Visi 50 mètres…Visi 30 mètres…les QDM se succèdent de plus en plus rapidement, le mécanicien vérifie ses moteurs, lit l'altimètre, il n'y a pas encore de sonde, visi 10 mètres, l'antenne radio est rentrée. Une vague loupiote, le train qui touche le sol, une piste en ciment, les freins qui poussent leurs gros soupirs, l'avion s'est immobilisé.
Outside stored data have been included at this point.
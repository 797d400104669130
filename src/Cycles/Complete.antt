-- ===== src/Cycles/Complete.antt =====
-- The listing of cycles has every cycle and nothing else.
use cycle_enumeration_gpu.Prelude.{
  ℕ, zero, suc, ◌+◌, ◌≤◌, ◌<◌, ◌≡◌, refl, subst, ◌↔◌, ◌⊎◌, inl, inr, false, List, [], ◌∷◌, Option,
  length, mem, range, ◌∈◌, arith, mem-flat_map, flat_map_cases, All-mem, All-range, mem-range,
}
use cycle_enumeration_gpu.Cycles.{
  at_limit, cycles_via, cycles_from, cycles_at, all_cycles, Walk, start, step, IsCycle, close,
}
use cycle_enumeration_gpu.Cycles.Marks.{spare, spare-cons, spare-nil}

module _ (next : ℕ → List ℕ) (limit : Option ℕ) (root : ℕ) where
  -- What one successor contributes: a closed walk, or what the deeper search lists behind the guards.
  abbrev pub Via : (ℕ → List ℕ → List (List ℕ)) → List ℕ → ℕ → List ℕ → Type 0
  Via deeper path v c =
      (v ≡ root) × (2 ≤ length path) × (c ≡ path)
      ⊎ (root < v)
        × (mem v path ≡ false)
        × (at_limit limit (length path) ≡ false)
        × (c ∈ deeper v (v ∷ path))

  pub cycles_via_cases :
      (deeper : ℕ → List ℕ → List (List ℕ)) (path : List ℕ) (v : ℕ) (c : List ℕ)
      → c ∈ cycles_via next limit root deeper path v
      → Via deeper path v c
  cycles_via_cases deeper path v c h = ground arith

  closing :
      (u : ℕ) (p c : List ℕ)
      → Walk next limit root (u ∷ p)
      → root ∈ next u
      → 2 ≤ length (u ∷ p)
      → c ≡ u ∷ p
      → IsCycle next limit root c
  closing u [] c w e l h = absurd (omega arith)
  closing u (v ∷ p) c w e l h = rw h (close w e)

  sound_from :
      (fuel u : ℕ) (p c : List ℕ)
      → Walk next limit root (u ∷ p)
      → c ∈ cycles_from next limit root fuel u (u ∷ p)
      → IsCycle next limit root c
  unfolding cycles_from
  sound_from zero u p c w h = absurd h
  sound_from (suc fuel) u p c w h =
      let deeper = cycles_from next limit root fuel in
      let (v, edge, found) =
        flat_map_cases (cycles_via next limit root deeper (u ∷ p)) c (next u) h in
      elim (cycles_via_cases deeper (u ∷ p) v c found) [
        | inl (e, l, same) ↦ closing u p c w (subst (λ x. x ∈ next u) e edge) l same
        | inr (above, new, short, more) ↦
            sound_from fuel v (u ∷ p) c (step w edge above new short) more
      ]

  via_deeper :
      (deeper : ℕ → List ℕ → List (List ℕ)) (path : List ℕ) (v : ℕ) (c : List ℕ)
      → root < v
      → mem v path ≡ false
      → at_limit limit (length path) ≡ false
      → c ∈ deeper v (v ∷ path)
      → c ∈ cycles_via next limit root deeper path v
  via_deeper deeper path v c a b l h = ground arith

  closes_here :
      (deeper : ℕ → List ℕ → List (List ℕ)) (path : List ℕ)
      → 2 ≤ length path
      → path ∈ cycles_via next limit root deeper path root
  closes_here deeper path h = ground arith

  -- What a walk leads to is listed from the root, with fuel for each of its vertices.
  complete_from :
      {u : ℕ} {p : List ℕ} (fuel k : ℕ) (c : List ℕ)
      → Walk next limit root (u ∷ p)
      → fuel + length p ≡ k
      → c ∈ cycles_from next limit root fuel u (u ∷ p)
      → c ∈ cycles_from next limit root k root (root ∷ [])
  complete_from fuel k c start e h = let e' : fuel ≡ k = omega arith in rw e' at h
  complete_from fuel k c (step {v} {u} {p} w edge above new short) e h =
      complete_from (suc fuel) k c w (omega arith) (
        unfold cycles_from in
        mem-flat_map _ c v (next u) edge
          (via_deeper (cycles_from next limit root fuel) (u ∷ p) v c above new short h))

module _ (next : ℕ → List ℕ) (limit : Option ℕ) (n : ℕ)
    (bounded : (u v : ℕ) → u < n → v ∈ next u → v < n) (root : ℕ) (low : root < n) where
  Walk-spare :
      {u : ℕ} {p : List ℕ}
      → Walk next limit root (u ∷ p)
      → (u < n) × (spare n (u ∷ p) + length (u ∷ p) ≡ n)
  Walk-spare start = (low, omega (arith, spare-cons n root [] low refl, spare-nil n))
  Walk-spare (step {v} {u} {p} w edge above new short) =
      let (lt, total) = Walk-spare w in
      let lt' = bounded u v lt edge in (lt', omega (arith, spare-cons n v (u ∷ p) lt' new))

  complete : {c : List ℕ} → IsCycle next limit root c → c ∈ cycles_at next limit n root
  unfolding cycles_at cycles_from
  complete (close {u} {v} {p} w edge) =
      let c = u ∷ v ∷ p in
      let (lt, total) = Walk-spare w in
      let deeper = cycles_from next limit root (spare n c) in
      complete_from next limit root (suc (spare n c)) n c w (omega arith) (
        mem-flat_map (cycles_via next limit root deeper c) c root (next u) edge
          (closes_here next limit root deeper c (omega arith)))

  -- `cycles_at` lists exactly the simple cycles whose least vertex is the root and whose length
  -- keeps to the limit.
  pub cycles_at_iff : (c : List ℕ) → (c ∈ cycles_at next limit n root) ↔ IsCycle next limit root c
  unfolding cycles_at
  cycles_at_iff c = (sound_from next limit root n root [] c start, complete)

-- `all_cycles` lists exactly the simple cycles through vertices below `n`, each from its least
-- vertex, whose length keeps to the limit.
pub all_cycles_iff :
    (next : ℕ → List ℕ) (limit : Option ℕ) (n : ℕ)
    → ((u v : ℕ) → u < n → v ∈ next u → v < n)
    → (c : List ℕ)
    → (c ∈ all_cycles next limit n) ↔ ((root : ℕ) × (root < n) × IsCycle next limit root c)
unfolding all_cycles
all_cycles_iff next limit n bounded c = (
  λ h.
      let (root, low, found) = flat_map_cases (cycles_at next limit n) c (range n) h in
      let lt = All-mem (λ v. v < n) (range n) root (All-range n) low in
      (root, lt, (cycles_at_iff next limit n bounded root lt c).0 found),
  λ (root, lt, cycle).
      mem-flat_map (cycles_at next limit n) c root (range n) (mem-range root n lt)
        ((cycles_at_iff next limit n bounded root lt c).1 cycle),
)

-- A cycle has at least two vertices, and at most as many as there are.
pub IsCycle-length :
    (next : ℕ → List ℕ) (limit : Option ℕ) (n : ℕ)
    → ((u v : ℕ) → u < n → v ∈ next u → v < n)
    → (root : ℕ) → root < n
    → {c : List ℕ} → IsCycle next limit root c
    → (2 ≤ length c) × (length c ≤ n)
IsCycle-length next limit n bounded root lt (close w edge) =
    let (low, total) = Walk-spare next limit n bounded root lt w in (omega arith, omega arith)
On attend la camionnette du chef d'escale qui nous ramènera au hangar.
Le terrain est encore truffé de trous de bombes et il est prudent de bien suivre la voiture.
Déchargement, chargement et ça repart.
Même scénario à Toulouse et à Pau sur des terrains en herbe et des gonios décalés par rapport à l'axe d'atterrissage, pour arranger les choses…
Il est quatre heures du matin, j'ai sommeil et trop de questions en tête. Je n'ai rien vu ou presque, je suis content, j'ai fait mon premier vol à la Postale.
" Vol sans histoire " commente Clément. " Cela ne me semble pas évident, mais j'apprendrai par la suite et à mes dépens qu'il y a pire, bien pire…
Il est difficile d'imaginer aujourd'hui la volonté qui devait animer l'ensemble du personnel, navigants ou mécaniciens au sol, pour surmonter les obstacles humains ou matériels.
Convaincre les responsables de l'aviation civile que les équipages de la Postale de Nuit étaient aptes à atterrir et décoller par des plafonds très bas et des visibilités très faibles tandis que des " spécialistes " assuraient que la régularité exigée par l'administration des postes ne pourrait être assurée.

Après 50 ans nous pouvons dire que nous avons gagné, la régularité est parfaite et le contrat bien rempli.
Mais les choses changent, on prévoit l'Europe, Air France est en pleine mutation, la Poste a créé sa propre exploitation (son vieux rêve de toujours).
Une chose est sure, la postale peut être fière d'avoir parfaitement rempli sa mission et continuer vaillamment au service de " La mystique du courrier ".